Data excerpts

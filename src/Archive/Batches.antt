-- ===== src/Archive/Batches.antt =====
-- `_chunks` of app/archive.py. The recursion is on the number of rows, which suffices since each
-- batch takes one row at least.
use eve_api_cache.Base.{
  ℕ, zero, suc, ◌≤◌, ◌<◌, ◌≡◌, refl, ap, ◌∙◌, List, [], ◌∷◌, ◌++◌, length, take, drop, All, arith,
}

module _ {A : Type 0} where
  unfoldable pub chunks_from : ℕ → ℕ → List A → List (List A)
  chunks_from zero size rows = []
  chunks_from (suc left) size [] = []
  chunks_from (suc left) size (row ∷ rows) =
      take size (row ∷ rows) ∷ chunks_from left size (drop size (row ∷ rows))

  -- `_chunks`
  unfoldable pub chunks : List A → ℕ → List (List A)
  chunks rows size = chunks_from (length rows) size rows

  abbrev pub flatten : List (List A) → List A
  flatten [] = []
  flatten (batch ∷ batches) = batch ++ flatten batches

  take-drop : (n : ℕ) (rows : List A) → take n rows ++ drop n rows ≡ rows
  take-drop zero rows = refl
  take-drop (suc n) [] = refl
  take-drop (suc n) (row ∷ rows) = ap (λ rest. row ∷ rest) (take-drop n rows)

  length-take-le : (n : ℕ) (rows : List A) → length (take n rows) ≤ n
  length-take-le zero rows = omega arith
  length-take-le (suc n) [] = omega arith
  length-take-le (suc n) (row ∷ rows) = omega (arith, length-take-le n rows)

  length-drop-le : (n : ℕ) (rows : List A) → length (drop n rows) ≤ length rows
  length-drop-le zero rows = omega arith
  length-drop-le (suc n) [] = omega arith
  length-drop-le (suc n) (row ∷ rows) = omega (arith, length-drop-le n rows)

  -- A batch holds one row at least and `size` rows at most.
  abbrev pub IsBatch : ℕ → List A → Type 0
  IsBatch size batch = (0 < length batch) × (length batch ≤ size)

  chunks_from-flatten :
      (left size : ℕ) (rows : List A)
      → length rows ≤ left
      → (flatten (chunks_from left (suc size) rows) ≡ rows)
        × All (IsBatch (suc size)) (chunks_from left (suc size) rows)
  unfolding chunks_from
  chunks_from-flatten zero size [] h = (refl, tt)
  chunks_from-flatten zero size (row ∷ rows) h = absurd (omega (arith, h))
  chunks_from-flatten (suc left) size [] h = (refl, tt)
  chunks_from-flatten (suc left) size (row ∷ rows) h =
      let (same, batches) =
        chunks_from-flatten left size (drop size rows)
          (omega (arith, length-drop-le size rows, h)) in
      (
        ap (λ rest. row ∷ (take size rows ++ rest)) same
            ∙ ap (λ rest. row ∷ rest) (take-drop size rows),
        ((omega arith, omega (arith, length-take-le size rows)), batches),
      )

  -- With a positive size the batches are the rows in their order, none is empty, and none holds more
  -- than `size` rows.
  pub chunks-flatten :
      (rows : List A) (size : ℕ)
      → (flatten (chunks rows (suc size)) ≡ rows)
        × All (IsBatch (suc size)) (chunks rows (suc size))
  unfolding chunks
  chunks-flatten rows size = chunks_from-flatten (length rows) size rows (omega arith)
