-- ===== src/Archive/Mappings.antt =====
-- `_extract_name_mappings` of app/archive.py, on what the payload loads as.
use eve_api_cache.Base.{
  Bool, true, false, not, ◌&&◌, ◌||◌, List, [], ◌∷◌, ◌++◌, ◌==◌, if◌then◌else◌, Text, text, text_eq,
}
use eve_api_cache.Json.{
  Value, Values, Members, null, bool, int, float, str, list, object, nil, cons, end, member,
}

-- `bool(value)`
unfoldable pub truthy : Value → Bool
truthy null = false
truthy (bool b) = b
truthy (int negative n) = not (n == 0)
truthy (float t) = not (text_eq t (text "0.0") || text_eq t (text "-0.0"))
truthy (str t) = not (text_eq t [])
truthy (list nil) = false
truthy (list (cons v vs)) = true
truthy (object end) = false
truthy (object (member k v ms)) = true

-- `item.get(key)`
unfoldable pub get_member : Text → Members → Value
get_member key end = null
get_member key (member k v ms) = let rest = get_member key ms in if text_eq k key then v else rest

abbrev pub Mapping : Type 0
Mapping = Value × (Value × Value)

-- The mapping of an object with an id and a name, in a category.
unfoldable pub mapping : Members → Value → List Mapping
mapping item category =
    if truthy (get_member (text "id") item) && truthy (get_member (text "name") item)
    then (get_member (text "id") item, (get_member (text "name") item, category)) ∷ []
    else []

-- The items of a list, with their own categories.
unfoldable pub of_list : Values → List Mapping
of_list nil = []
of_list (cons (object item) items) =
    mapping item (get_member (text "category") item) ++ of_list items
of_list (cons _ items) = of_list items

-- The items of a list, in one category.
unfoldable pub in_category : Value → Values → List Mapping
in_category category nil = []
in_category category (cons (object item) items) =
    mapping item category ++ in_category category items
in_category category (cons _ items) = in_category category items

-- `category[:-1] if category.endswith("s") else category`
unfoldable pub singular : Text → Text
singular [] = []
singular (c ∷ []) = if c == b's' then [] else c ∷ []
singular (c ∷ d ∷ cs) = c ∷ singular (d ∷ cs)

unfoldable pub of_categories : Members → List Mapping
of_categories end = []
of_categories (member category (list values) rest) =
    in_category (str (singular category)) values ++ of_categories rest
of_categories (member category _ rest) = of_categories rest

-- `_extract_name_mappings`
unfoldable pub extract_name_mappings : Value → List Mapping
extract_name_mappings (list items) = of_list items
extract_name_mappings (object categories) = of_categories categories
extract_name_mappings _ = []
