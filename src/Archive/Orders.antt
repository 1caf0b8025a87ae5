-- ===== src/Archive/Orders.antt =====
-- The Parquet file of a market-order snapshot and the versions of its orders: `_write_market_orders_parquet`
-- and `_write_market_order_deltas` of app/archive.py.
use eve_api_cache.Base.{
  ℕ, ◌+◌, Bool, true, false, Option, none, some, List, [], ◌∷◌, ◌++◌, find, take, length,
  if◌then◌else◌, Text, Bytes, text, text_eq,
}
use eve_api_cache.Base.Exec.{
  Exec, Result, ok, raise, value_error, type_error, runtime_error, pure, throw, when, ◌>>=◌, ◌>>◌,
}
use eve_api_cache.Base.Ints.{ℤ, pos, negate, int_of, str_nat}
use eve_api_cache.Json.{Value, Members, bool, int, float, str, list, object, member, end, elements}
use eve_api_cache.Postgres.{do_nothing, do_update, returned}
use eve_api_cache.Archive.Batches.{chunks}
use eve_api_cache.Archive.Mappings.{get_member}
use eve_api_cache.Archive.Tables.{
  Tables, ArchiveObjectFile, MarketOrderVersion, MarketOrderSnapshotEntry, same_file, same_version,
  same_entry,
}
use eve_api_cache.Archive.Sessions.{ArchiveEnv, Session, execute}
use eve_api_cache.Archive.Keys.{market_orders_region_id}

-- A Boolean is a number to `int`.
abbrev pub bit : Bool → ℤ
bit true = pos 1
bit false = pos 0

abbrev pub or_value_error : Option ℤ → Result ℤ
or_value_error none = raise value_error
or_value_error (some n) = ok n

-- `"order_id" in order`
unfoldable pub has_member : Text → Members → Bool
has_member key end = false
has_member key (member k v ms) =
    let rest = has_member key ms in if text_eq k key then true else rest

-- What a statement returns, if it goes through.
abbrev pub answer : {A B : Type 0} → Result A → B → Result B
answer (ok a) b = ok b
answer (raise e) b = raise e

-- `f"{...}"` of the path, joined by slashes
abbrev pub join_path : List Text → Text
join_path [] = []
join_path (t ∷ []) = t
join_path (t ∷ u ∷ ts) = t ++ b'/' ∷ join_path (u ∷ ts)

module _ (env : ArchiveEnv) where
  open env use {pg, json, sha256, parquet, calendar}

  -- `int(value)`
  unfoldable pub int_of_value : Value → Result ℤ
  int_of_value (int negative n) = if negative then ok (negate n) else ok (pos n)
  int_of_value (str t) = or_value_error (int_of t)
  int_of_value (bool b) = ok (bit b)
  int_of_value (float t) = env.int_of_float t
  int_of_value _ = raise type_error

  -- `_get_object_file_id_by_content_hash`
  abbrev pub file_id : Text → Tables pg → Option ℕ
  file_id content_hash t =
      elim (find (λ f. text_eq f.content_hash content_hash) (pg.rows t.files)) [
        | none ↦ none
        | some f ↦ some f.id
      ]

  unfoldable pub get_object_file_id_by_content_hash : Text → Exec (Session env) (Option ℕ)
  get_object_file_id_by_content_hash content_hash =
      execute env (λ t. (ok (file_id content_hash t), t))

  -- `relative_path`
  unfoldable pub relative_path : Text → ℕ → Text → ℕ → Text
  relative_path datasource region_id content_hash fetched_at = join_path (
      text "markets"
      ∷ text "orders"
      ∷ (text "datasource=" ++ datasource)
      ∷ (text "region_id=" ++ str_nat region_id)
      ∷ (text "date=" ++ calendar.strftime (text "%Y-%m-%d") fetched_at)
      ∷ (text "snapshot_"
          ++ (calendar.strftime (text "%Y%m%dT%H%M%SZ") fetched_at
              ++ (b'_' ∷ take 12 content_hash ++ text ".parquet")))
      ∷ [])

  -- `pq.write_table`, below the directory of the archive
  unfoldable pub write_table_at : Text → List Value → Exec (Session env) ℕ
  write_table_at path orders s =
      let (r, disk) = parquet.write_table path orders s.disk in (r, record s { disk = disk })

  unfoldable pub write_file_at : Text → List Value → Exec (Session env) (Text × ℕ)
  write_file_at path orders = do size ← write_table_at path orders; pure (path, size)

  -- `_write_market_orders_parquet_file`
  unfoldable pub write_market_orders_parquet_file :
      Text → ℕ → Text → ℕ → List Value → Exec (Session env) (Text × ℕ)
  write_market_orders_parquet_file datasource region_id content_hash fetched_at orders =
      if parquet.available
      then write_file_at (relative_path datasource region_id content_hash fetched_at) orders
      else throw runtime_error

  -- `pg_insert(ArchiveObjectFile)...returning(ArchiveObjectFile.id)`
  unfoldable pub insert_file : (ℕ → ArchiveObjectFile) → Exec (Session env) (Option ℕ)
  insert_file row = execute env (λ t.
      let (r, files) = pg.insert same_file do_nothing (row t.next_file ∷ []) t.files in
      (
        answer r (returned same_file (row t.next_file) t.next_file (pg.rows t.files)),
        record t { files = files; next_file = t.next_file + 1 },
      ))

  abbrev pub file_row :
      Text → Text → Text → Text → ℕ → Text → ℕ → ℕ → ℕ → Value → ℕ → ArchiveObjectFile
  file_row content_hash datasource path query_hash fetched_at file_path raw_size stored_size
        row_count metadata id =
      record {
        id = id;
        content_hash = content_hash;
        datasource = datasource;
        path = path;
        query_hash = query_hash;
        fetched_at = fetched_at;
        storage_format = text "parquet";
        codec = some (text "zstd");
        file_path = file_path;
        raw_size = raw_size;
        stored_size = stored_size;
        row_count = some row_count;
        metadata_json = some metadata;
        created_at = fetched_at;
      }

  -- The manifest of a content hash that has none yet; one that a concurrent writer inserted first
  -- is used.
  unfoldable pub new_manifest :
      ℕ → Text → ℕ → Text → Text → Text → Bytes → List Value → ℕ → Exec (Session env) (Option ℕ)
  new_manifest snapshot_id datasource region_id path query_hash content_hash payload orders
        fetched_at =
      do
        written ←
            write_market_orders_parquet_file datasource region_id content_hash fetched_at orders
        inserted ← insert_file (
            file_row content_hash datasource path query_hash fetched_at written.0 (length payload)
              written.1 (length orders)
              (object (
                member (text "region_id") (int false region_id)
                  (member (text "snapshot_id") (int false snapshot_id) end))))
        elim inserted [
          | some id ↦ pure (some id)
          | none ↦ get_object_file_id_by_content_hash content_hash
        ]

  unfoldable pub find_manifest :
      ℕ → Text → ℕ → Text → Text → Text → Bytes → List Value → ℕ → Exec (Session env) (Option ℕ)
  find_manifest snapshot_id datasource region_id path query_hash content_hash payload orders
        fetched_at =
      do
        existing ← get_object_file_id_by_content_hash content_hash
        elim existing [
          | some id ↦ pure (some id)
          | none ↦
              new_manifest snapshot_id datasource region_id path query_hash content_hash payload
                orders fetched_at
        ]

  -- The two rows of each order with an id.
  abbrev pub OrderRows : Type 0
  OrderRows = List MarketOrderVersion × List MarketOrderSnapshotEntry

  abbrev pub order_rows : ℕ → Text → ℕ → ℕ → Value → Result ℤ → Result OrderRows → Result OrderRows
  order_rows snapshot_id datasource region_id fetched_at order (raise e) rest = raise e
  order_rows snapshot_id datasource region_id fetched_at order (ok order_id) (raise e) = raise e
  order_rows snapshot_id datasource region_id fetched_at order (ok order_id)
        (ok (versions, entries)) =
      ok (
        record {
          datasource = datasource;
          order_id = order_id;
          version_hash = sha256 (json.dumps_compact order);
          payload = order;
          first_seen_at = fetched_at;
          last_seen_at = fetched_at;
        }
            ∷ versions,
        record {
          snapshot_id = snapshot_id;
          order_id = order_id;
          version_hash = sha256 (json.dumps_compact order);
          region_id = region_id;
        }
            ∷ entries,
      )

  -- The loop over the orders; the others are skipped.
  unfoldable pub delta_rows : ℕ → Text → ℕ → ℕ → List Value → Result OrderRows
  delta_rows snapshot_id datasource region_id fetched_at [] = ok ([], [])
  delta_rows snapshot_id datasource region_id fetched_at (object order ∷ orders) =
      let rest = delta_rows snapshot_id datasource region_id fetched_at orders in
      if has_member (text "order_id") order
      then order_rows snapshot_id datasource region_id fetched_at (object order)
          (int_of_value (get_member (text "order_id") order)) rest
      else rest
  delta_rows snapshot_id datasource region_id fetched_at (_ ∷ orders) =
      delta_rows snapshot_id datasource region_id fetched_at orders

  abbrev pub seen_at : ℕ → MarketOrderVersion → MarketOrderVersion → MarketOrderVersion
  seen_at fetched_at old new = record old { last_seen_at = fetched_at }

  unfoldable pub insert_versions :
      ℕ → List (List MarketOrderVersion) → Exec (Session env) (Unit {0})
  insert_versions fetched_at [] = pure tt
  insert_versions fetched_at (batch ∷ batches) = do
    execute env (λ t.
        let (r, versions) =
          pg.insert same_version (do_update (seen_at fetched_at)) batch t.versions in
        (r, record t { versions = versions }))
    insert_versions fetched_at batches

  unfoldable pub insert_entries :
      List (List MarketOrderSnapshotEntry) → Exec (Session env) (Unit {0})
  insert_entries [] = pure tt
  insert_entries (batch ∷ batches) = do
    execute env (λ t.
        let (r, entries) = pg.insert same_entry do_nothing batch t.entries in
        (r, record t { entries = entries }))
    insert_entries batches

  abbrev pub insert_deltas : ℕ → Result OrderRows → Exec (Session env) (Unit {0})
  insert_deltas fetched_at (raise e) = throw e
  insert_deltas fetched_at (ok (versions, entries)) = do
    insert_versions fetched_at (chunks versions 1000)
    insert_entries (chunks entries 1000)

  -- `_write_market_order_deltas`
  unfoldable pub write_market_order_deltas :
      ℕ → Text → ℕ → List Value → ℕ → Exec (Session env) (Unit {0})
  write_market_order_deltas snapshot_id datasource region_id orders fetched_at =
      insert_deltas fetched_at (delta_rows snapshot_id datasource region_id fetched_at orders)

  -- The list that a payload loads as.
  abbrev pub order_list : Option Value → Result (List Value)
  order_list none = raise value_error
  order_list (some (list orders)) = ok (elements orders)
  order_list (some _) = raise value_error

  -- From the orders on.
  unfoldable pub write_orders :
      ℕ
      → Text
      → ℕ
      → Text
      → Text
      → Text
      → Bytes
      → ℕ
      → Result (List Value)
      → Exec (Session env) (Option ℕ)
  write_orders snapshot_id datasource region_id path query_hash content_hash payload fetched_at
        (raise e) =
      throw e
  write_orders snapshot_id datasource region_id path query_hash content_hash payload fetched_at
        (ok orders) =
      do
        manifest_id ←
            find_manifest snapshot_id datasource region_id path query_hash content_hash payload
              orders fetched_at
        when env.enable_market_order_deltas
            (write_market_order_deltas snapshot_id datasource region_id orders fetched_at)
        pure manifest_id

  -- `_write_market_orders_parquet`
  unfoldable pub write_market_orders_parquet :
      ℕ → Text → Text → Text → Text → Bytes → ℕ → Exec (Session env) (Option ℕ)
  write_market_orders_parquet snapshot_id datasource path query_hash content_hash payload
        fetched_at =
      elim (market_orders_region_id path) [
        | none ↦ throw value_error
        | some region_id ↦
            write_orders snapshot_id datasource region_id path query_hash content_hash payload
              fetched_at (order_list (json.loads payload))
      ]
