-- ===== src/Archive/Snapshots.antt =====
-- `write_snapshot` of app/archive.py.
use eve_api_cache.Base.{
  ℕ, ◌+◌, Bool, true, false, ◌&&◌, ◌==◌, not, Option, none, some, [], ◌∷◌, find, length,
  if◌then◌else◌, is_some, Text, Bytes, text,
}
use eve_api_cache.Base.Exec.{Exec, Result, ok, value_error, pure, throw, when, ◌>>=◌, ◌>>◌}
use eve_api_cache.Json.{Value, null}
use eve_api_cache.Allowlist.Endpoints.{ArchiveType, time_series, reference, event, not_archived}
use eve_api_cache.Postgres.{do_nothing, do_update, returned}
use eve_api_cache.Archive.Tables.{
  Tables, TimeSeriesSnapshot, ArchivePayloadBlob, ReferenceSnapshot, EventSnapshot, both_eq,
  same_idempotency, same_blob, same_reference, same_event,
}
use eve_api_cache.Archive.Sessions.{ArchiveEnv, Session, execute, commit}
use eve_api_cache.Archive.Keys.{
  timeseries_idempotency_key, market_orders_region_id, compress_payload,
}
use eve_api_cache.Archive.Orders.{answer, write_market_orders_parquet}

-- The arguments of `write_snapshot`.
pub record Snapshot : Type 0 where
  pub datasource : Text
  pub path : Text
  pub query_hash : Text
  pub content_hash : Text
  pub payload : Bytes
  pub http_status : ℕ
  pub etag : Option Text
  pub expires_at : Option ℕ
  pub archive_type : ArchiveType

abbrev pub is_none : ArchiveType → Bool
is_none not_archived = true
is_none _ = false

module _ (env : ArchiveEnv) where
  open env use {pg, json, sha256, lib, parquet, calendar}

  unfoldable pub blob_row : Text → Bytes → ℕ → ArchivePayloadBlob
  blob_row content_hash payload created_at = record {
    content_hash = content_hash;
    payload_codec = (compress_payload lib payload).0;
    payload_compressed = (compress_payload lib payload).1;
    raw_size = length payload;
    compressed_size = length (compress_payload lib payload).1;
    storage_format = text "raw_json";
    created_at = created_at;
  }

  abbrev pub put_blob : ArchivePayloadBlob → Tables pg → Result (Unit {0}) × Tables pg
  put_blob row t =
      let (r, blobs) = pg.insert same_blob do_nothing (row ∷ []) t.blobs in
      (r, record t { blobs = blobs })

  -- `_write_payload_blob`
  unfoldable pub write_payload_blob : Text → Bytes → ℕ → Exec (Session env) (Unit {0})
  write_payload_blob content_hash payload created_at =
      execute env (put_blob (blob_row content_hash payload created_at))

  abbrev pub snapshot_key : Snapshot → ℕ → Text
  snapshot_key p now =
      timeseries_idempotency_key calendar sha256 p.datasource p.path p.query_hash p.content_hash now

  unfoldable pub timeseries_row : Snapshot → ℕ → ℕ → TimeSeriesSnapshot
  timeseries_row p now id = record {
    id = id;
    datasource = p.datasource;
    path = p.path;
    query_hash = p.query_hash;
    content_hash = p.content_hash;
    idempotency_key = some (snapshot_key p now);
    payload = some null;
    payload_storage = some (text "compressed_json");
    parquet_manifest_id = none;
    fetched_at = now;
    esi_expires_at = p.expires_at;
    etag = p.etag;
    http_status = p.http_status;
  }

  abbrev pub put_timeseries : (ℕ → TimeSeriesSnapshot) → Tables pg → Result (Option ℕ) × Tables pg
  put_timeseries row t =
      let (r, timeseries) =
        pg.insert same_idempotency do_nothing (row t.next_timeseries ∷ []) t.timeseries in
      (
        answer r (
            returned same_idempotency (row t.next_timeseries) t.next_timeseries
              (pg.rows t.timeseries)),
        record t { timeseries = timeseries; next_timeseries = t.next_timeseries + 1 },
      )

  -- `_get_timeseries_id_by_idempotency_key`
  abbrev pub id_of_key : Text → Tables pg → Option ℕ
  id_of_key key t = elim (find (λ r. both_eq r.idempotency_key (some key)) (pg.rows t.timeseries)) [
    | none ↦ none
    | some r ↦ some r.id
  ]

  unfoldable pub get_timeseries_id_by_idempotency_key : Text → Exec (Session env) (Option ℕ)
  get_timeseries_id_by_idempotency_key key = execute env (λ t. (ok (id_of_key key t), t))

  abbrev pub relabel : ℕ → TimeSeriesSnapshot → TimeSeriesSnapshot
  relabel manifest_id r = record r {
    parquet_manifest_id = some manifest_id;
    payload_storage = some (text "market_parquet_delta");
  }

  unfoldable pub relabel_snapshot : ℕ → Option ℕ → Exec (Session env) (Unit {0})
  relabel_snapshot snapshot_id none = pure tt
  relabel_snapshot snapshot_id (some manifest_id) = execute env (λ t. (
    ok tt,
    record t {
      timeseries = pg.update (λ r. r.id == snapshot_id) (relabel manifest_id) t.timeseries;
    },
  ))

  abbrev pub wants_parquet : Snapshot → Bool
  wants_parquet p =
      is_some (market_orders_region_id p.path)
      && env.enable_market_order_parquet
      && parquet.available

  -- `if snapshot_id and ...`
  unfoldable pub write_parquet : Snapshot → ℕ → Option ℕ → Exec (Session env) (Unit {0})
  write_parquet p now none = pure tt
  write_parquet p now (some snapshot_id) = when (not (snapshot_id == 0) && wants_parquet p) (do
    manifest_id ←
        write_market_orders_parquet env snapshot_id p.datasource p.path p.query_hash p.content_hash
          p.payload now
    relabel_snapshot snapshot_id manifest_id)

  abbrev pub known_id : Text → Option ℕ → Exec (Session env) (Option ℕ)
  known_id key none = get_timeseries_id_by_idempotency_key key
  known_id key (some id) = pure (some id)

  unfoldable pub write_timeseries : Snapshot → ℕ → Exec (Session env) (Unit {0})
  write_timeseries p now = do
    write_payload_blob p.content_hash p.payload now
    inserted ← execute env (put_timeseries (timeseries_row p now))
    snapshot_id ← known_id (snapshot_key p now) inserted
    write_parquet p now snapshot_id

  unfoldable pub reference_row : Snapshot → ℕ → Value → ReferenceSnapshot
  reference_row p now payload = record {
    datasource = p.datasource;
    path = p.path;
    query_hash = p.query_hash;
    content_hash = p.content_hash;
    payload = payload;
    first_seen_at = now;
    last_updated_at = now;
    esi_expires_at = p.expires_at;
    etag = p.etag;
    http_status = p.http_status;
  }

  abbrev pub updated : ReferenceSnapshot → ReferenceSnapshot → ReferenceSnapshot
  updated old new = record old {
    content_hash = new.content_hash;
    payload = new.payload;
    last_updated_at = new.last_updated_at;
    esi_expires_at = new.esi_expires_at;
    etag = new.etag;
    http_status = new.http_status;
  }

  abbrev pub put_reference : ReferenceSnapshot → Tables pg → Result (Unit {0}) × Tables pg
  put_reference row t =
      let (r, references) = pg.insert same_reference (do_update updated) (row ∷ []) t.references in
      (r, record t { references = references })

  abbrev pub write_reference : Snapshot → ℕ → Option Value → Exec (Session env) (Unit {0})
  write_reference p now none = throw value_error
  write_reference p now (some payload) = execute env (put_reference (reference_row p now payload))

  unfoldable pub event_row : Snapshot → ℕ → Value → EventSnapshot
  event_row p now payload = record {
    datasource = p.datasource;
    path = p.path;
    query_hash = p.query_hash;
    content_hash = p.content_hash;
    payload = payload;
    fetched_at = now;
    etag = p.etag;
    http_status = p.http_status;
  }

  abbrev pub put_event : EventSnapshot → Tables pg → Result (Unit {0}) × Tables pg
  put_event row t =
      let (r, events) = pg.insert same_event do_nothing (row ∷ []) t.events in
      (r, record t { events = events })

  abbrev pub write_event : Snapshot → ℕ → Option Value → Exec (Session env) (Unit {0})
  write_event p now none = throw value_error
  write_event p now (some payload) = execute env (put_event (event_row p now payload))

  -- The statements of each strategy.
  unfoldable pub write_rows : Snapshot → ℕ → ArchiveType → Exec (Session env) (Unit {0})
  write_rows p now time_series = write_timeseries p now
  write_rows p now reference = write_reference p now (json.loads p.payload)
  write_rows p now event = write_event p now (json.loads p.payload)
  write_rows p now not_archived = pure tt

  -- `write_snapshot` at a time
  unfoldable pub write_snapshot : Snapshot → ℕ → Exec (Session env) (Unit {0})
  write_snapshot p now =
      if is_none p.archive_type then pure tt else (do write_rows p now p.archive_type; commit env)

WHAT IS EXPECTED
Gather each line of the records holding the string "ArchiveEnv".

ANSWER
use eve_api_cache.Archive.Sessions.{ArchiveEnv, Session, execute}
module _ (env : ArchiveEnv) where
use eve_api_cache.Archive.Sessions.{ArchiveEnv, Session, execute, commit}
module _ (env : ArchiveEnv) where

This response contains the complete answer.